Tradução a partir de The Conversation – Agora que crianças de 5 a 11 anos são elegíveis para a vacinação contra a covid-19 nos Estados Unidos e o número de pessoas totalmente vacinadas no país está aumentando, muitas pessoas podem estar se perguntando qual é o “ponto final” da covid-19. No início da pandemia, não era improvável esperar que o Sars-CoV-2 (o vírus causador da covid-19) pudesse desaparecer, já que historicamente isso aconteceu com alguns vírus pandêmicos.

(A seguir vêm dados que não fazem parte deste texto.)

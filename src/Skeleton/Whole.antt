-- ===== src/Skeleton/Whole.antt =====
-- graphics/src/Skeleton.cc: a skeleton with its root, its nodes by their handles, its weights and its
-- animations. As with the nodes, `none` is a use of a null or dangling pointer.
use ign_common.Common.{
  ℕ, ◌+◌, Bool, false, Option, none, some, List, [], ◌∷◌, ◌++◌, map, ltb, if◌then◌else◌, length,
  get_elem?, set, replicate,
}
use mathlib.Core.Option
use ign_common.Common.OrdMap.{OrdMap, find, insert}
use ign_common.Common.Text.{Bytes, eqb}
use ign_common.Skeleton.Node.{
  Space, SkeletonNode, Store, walk, each, set_handle, is_joint, set_transform,
  update_children_transforms,
}

-- std::map from texts, as a list whose first entry for a key counts.
abbrev pub Texts : Type 0 → Type 0
Texts V = List (Bytes × V)

unfoldable pub look : {V : Type 0} → Bytes → Texts V → Option V
look k [] = none
look k ((j, v) ∷ m) = if eqb j k then some v else look k m

module _ (sp : Space) where
  -- The variables of BuildNodeMap: the nodes that it writes, the next handle, and the map.
  pub record Build : Type 0 where
    pub store : Store sp
    pub handle : ℕ
    pub nodes : OrdMap ℕ

  -- One round of BuildNodeMap, behind the visit.
  unfoldable pub register : ℕ → Build → Option Build
  register p b = elim (set_handle sp b.handle p b.store) [
    | none ↦ none
    | some h ↦ some (record { store = h; handle = b.handle + 1; nodes = insert b.handle p b.nodes })
  ]

  unfoldable pub visit_all : ℕ → Option ℕ → Build → Option Build
  unfolding register
  visit_all fuel none b = none
  visit_all fuel (some root) b = walk sp (λ b. b.store) register fuel (root ∷ []) b

module _ (sp : Space) (Animation : Type 0) where
  open sp use {Matrix, Scalar, identity, scaled}

  pub record Skeleton : Type 0 where
    pub root : Option ℕ
    pub nodes : OrdMap ℕ
    pub bind_shape_transform : Matrix
    pub raw_node_weights : List (List (Bytes × Scalar))
    pub anims : List Animation
    pub map_anim_skin : List (Texts Bytes)
    pub align_translate : List (Texts Matrix)
    pub align_rotate : List (Texts Matrix)

  abbrev pub new_skeleton : Skeleton
  new_skeleton = record {
    root = none;
    nodes = [];
    bind_shape_transform = identity;
    raw_node_weights = [];
    anims = [];
    map_anim_skin = [];
    align_translate = [];
    align_rotate = [];
  }

  unfoldable pub build_node_map : ℕ → Skeleton → Store sp → Option (Skeleton × Store sp)
  unfolding visit_all
  build_node_map fuel sk h =
      Option.map (λ b. (record sk { nodes = b.nodes }, b.store))
        (visit_all sp fuel sk.root (record { store = h; handle = 0; nodes = sk.nodes }))

  -- RootNode(node), and the constructor from a root.
  pub set_root_node : ℕ → Option ℕ → Skeleton → Store sp → Option (Skeleton × Store sp)
  unfolding build_node_map
  set_root_node fuel node sk h = build_node_map fuel (record sk { root = node }) h

  pub new_rooted : ℕ → Option ℕ → Store sp → Option (Skeleton × Store sp)
  unfolding build_node_map
  new_rooted fuel root h = build_node_map fuel (record new_skeleton { root = root }) h

  -- The first node of the map, in the order of the handles, that passes a test, or null.
  find_node : (SkeletonNode sp → Bool) → OrdMap ℕ → Store sp → Option (Option ℕ)
  find_node test [] h = some none
  find_node test ((k, p) ∷ m) h =
      let rest = find_node test m h in
      elim (h.cell p) [ none ↦ none | some n ↦ if test n then some (some p) else rest ]

  pub node_by_name : Bytes → Skeleton → Store sp → Option (Option ℕ)
  unfolding find_node
  node_by_name name sk h = find_node (λ n. eqb n.name name) sk.nodes h

  pub node_by_id : Bytes → Skeleton → Store sp → Option (Option ℕ)
  unfolding find_node
  node_by_id id sk h = find_node (λ n. eqb n.id id) sk.nodes h

  pub node_by_handle : ℕ → Skeleton → Option ℕ
  node_by_handle handle sk = find handle sk.nodes

  pub node_count : Skeleton → ℕ
  node_count sk = length sk.nodes

  count_joints : OrdMap ℕ → Store sp → ℕ → Option ℕ
  count_joints [] h c = some c
  count_joints ((k, p) ∷ m) h c = elim (h.cell p) [
    | none ↦ none
    | some n ↦ elim (is_joint sp n) [
      | none ↦ none
      | some j ↦ count_joints m h (if j then c + 1 else c)
    ]
  ]

  pub joint_count : Skeleton → Store sp → Option ℕ
  unfolding count_joints
  joint_count sk h = count_joints sk.nodes h 0

  -- One round of Scale.
  scale_node : Scalar → ℕ → Store sp → Option (Store sp)
  scale_node s p h = elim (h.cell p) [
    | none ↦ none
    | some n ↦ set_transform sp 0 (scaled s n.transform) false p h
  ]

  pub scale :
      (Scalar → Animation → Animation)
      → ℕ
      → Scalar
      → Skeleton
      → Store sp
      → Option (Skeleton × Store sp)
  unfolding scale_node
  scale scale_animation fuel s sk h = elim (each (scale_node s) (map (λ e. e.1) sk.nodes) h) [
    | none ↦ none
    | some h' ↦ elim sk.root [
      | none ↦ none
      | some r ↦
          Option.map (λ h''. (record sk { anims = map (scale_animation s) sk.anims }, h''))
            (update_children_transforms sp fuel r h')
    ]
  ]

  pub set_bind_shape_transform : Matrix → Skeleton → Skeleton
  set_bind_shape_transform m sk = record sk { bind_shape_transform = m }

  pub set_num_vert_attached : ℕ → Skeleton → Skeleton
  set_num_vert_attached vertices sk = record sk { raw_node_weights = replicate vertices [] }

  pub add_vert_node_weight : ℕ → Bytes → Scalar → Skeleton → Skeleton
  add_vert_node_weight vertex node weight sk = elim (get_elem? sk.raw_node_weights vertex) [
    | none ↦ sk
    | some ws ↦ record sk {
      raw_node_weights = set sk.raw_node_weights vertex (ws ++ (node, weight) ∷ []);
    }
  ]

  pub vert_node_weight_count : ℕ → Skeleton → ℕ
  vert_node_weight_count vertex sk = elim (get_elem? sk.raw_node_weights vertex) [
    | none ↦ 0
    | some ws ↦ length ws
  ]

  -- The default pair is given for an index that is out of range.
  pub vert_node_weight : Bytes × Scalar → ℕ → ℕ → Skeleton → Bytes × Scalar
  vert_node_weight other v i sk = elim (get_elem? sk.raw_node_weights v) [
    | none ↦ other
    | some ws ↦ elim (get_elem? ws i) [ none ↦ other | some w ↦ w ]
  ]

  pub animation_count : Skeleton → ℕ
  animation_count sk = length sk.anims

  -- Null when the index is out of range.
  pub animation : ℕ → Skeleton → Option Animation
  animation i sk = if ltb i (length sk.anims) then get_elem? sk.anims i else none

  pub add_animation : Animation → Skeleton → Skeleton
  add_animation a sk = record sk {
    map_anim_skin = sk.map_anim_skin ++ [] ∷ [];
    align_translate = sk.align_translate ++ [] ∷ [];
    align_rotate = sk.align_rotate ++ [] ∷ [];
    anims = sk.anims ++ a ∷ [];
  }

  -- The value of a name in the map of an animation, or a default; `none` for an animation that is not
  -- there.
  look_at : {V : Type 0} → V → ℕ → Bytes → List (Texts V) → Option V
  look_at other index name maps = elim (get_elem? maps index) [
    | none ↦ none
    | some m ↦ elim (look name m) [ none ↦ some other | some v ↦ some v ]
  ]

  pub node_name_anim_to_skin : ℕ → Bytes → Skeleton → Option Bytes
  unfolding look_at
  node_name_anim_to_skin index name sk = look_at name index name sk.map_anim_skin

  pub align_translation : ℕ → Bytes → Skeleton → Option Matrix
  unfolding look_at
  align_translation index name sk = look_at identity index name sk.align_translate

  pub align_rotation : ℕ → Bytes → Skeleton → Option Matrix
  unfolding look_at
  align_rotation index name sk = look_at identity index name sk.align_rotate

O Sars-CoV, por exemplo, o coronavírus responsável pela primeira pandemia de sars em 2003, se espalhou por 29 países e regiões, infectando mais de 8 mil pessoas de novembro de 2002 a julho de 2003. Mas graças às rápidas e eficazes intervenções em saúde pública, o Sars-CoV não é observado em humanos há quase 20 anos e agora é considerado extinto.


Pessoas infectadas de forma assintomática respondem por cerca de metade de todas as infecções pela covid-19


Por outro lado, os vírus pandêmicos também podem gradualmente se estabelecer em uma taxa de ocorrência relativamente estável, mantendo uma relação constante entre hospedeiros infectados capazes de espalhar o vírus para outros. Dizem que esses vírus são “endêmicos”.

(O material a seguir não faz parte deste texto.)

-- ===== src/Client/NameWriting.antt =====
-- `write_station_name` of src/solem_blip_ble/client_v2.py: the preflight, the two frames with their
-- acknowledgements and the readback on one connection, and the exceptions that it makes of theirs.
pub mod Plan
pub mod Verified
use solem_blip_ble.Common.{
  ℕ, Bytes, length, take, drop, List, [], ◌∷◌, Bool, true, false, Option, none, some, list_eq, ◌==◌,
  if◌then◌else◌, Result, ok, err, ◌>>=◌, ℤ, pos_part,
}
use solem_blip_ble.Common.Text.{Str}
use solem_blip_ble.Names.{StationNameSnapshot, revision}
use solem_blip_ble.Protocol.Metadata.{pack_station_name, pack_get_station_names}
use solem_blip_ble.Client.Handlers.{NameWrite, handle_name_notification}
use solem_blip_ble.Client.Polling.{
  Exception, stale_program, uncertain_write, invalid_snapshot, write_rejected, Outcome, returns,
  raises, waits,
}
use solem_blip_ble.Client.Session.{
  Session, only, unless_raised, judged, and_then, PartWait, write_and_wait,
}
use package.solem_blip_ble.Client.Reading.{ReadCall, read_station_names}

-- STATION_NAMES_IDLE_TIMEOUT, STATUS_NOTIFY_TIMEOUT and `max_station_num`.
pub record NameLimits : Type 0 where
  pub idle : ℕ
  pub timeout : ℕ
  pub max_station_num : ℤ

-- `subscribed` is the exception of `_run_operation`, `_start_notify` or `_ensure_client` before the
-- preflight, if there is one.
pub record NameLink : Type 0 where
  pub subscribed : Option Exception
  pub preflight : ReadCall
  pub parts : List PartWait
  pub readback : ReadCall

-- A name read, with its request.
abbrev pub name_read : NameLimits → ReadCall → Session StationNameSnapshot
name_read limits call = record {
  sent = pack_get_station_names ∷ [];
  outcome = read_station_names limits.idle limits.timeout (pos_part limits.max_station_num) call;
}

-- The session before the write of a part.
abbrev pub name_part : Bytes → NameWrite → NameWrite
name_part frame s = record s {
  reading = false;
  expected_header = some (0x34 ∷ take 3 (drop 1 frame));
  acknowledged = false;
  rejected = false;
}

abbrev pub name_acknowledged : NameWrite → Bool
name_acknowledged s = s.acknowledged

-- One turn of the loop over the two frames.
unfoldable pub write_name_part : ℕ → Bytes → PartWait → NameWrite → Session NameWrite
write_name_part timeout frame part s =
    and_then
      (write_and_wait name_acknowledged handle_name_notification timeout frame part
        (name_part frame s))
      (λ s'. only (if s'.rejected then raises uncertain_write else returns s'))

unfoldable pub write_name_parts : ℕ → List Bytes → List PartWait → NameWrite → Session NameWrite
write_name_parts timeout [] parts s = only (returns s)
write_name_parts timeout (frame ∷ frames) [] s = only waits
write_name_parts timeout (frame ∷ frames) (part ∷ parts) s =
    and_then (write_name_part timeout frame part s) (write_name_parts timeout frames parts)

-- A new `_StationNameWriteSession`.
abbrev pub new_name_write : NameWrite
new_name_write = record {
  reading = true;
  acknowledged = false;
  rejected = false;
  expected_header = none;
  read_frames = [];
  last_reply_header = [];
  last_reply_length = 0;
}

abbrev pub same_text : Str → Str → Bool
same_text = list_eq ◌==◌

-- `if actual.revision != wanted.revision: raise`
unfoldable pub require_revision :
    (Bytes → Str)
    → Exception
    → StationNameSnapshot
    → StationNameSnapshot
    → Outcome StationNameSnapshot
require_revision sha256 e wanted actual =
    if same_text (revision sha256 actual) (revision sha256 wanted) then returns actual else raises e

-- `_op`, behind the subscription.
unfoldable pub name_transaction :
    (Bytes → Str)
    → NameLimits
    → NameLink
    → List Bytes
    → StationNameSnapshot
    → StationNameSnapshot
    → Session StationNameSnapshot
name_transaction sha256 limits link frames expected before =
    and_then (name_read limits link.preflight) (λ current.
      and_then (only (require_revision sha256 stale_program before current)) (λ current.
        and_then (write_name_parts limits.timeout frames link.parts new_name_write) (λ s.
          and_then (name_read limits link.readback)
            (λ actual. only (require_revision sha256 uncertain_write expected actual)))))

-- The clauses around `_run_operation`: UncertainWrite and its subclass, StaleProgram and
-- InvalidSnapshot pass.
unfoldable pub name_verdict : Exception → Exception
name_verdict uncertain_write = uncertain_write
name_verdict write_rejected = write_rejected
name_verdict stale_program = stale_program
name_verdict invalid_snapshot = invalid_snapshot
name_verdict e = uncertain_write

-- `err` is the ValueError of `pack_station_name`, before anything is sent.
unfoldable pub write_station_name :
    (Bytes → Str)
    → NameLimits
    → NameLink
    → ℤ
    → Str
    → StationNameSnapshot
    → StationNameSnapshot
    → Result (Session StationNameSnapshot)
write_station_name sha256 limits link station name expected before = do
  frames ← pack_station_name station name limits.max_station_num
  ok (
      judged name_verdict (
        unless_raised link.subscribed (name_transaction sha256 limits link frames expected before)))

Exemplos de vírus endêmicos nos Estados Unidos incluem aqueles que causam o resfriado comum e a gripe sazonal, que aparecem ano após ano. Assim como estes, o vírus que causa a covid-19 provavelmente não vai morrer, e a maioria dos especialistas agora espera que ele se torne endêmico.

Somos uma equipe de virologistas e imunologistas da Universidade de Boulder, no Colorado, estudando vírus animais que infectam humanos. Um foco essencial de nossa pesquisa é identificar e descrever as principais adaptações que estes vírus requerem para persistir na população humana

Quando os vírus se tornam endêmicos?

Então, fica a pergunta: por que o primeiro vírus sars de 2003 (Sars-CoV) foi extinto enquanto este (Sars-CoV-2) pode se tornar endêmico?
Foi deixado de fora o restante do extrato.